Only the number is wanted: how many lines below contain "unfolding"?

Dataset entries
Segment Open

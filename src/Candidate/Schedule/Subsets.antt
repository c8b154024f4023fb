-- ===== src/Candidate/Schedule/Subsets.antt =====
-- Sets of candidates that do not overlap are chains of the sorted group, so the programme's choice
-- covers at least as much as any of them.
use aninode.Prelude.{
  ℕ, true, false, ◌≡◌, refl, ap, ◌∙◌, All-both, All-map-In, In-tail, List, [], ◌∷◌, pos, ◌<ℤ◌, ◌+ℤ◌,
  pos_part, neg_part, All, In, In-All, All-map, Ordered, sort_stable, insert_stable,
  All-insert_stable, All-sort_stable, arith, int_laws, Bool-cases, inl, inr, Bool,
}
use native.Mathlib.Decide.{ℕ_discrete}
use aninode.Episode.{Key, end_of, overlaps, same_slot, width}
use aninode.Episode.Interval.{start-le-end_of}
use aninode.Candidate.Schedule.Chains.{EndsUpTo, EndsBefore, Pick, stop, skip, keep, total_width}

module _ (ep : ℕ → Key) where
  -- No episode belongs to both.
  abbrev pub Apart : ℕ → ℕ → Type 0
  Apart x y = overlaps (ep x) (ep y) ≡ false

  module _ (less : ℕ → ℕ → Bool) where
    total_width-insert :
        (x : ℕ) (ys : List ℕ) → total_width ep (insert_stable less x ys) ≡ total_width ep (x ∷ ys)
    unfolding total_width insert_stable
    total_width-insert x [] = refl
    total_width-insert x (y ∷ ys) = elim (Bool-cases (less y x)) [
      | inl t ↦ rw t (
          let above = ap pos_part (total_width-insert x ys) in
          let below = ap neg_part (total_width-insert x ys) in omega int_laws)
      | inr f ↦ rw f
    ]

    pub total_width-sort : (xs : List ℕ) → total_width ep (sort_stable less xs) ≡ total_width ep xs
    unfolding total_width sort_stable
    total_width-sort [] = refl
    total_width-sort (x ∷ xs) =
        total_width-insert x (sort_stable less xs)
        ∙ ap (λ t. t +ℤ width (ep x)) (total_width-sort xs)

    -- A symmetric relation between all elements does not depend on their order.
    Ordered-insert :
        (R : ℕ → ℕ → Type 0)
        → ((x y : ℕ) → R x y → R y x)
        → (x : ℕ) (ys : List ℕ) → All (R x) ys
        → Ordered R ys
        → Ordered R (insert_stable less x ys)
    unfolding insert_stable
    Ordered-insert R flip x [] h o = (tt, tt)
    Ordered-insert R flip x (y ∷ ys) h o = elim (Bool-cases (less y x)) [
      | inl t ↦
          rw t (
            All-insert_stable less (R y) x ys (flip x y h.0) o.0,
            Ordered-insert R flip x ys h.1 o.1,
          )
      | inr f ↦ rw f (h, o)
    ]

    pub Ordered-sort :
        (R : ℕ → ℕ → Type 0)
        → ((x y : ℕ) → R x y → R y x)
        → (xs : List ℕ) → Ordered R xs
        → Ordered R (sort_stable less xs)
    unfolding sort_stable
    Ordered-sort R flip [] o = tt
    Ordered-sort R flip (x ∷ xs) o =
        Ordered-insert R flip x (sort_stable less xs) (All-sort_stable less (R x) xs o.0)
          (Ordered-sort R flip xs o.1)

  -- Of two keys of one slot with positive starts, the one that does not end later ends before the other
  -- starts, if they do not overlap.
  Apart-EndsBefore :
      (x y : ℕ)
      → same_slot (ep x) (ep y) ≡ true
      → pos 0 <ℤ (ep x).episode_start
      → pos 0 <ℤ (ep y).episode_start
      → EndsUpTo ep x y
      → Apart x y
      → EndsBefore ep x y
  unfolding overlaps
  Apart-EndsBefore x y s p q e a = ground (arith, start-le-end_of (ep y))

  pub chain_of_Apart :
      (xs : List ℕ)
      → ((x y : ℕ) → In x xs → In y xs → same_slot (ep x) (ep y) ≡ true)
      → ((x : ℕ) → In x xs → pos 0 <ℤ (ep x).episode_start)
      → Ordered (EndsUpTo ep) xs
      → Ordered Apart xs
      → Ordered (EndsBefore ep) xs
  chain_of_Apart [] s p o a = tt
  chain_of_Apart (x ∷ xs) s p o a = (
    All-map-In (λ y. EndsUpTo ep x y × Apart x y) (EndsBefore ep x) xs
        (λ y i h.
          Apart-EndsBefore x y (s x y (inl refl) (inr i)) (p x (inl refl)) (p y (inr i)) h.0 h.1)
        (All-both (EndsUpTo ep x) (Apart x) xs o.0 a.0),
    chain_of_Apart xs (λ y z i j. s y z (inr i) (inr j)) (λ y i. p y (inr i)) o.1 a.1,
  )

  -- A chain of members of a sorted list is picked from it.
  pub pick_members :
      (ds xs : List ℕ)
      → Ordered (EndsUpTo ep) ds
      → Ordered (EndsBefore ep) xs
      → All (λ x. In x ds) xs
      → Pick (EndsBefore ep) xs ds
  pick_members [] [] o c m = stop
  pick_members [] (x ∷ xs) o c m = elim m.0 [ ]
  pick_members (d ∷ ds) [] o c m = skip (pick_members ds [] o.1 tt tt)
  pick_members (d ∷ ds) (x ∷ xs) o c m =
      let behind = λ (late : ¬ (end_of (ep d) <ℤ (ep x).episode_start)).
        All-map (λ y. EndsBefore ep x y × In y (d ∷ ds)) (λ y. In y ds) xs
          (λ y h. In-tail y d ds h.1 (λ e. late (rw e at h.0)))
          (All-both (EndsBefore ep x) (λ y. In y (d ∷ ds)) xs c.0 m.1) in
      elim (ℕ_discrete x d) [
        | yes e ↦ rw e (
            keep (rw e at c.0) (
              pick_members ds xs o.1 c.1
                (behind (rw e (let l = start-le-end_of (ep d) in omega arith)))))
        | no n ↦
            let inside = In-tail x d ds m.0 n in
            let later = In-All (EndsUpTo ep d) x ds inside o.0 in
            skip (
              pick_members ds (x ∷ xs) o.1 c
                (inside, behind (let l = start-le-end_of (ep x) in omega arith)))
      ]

Segment Closed

# Result of the exercise:
5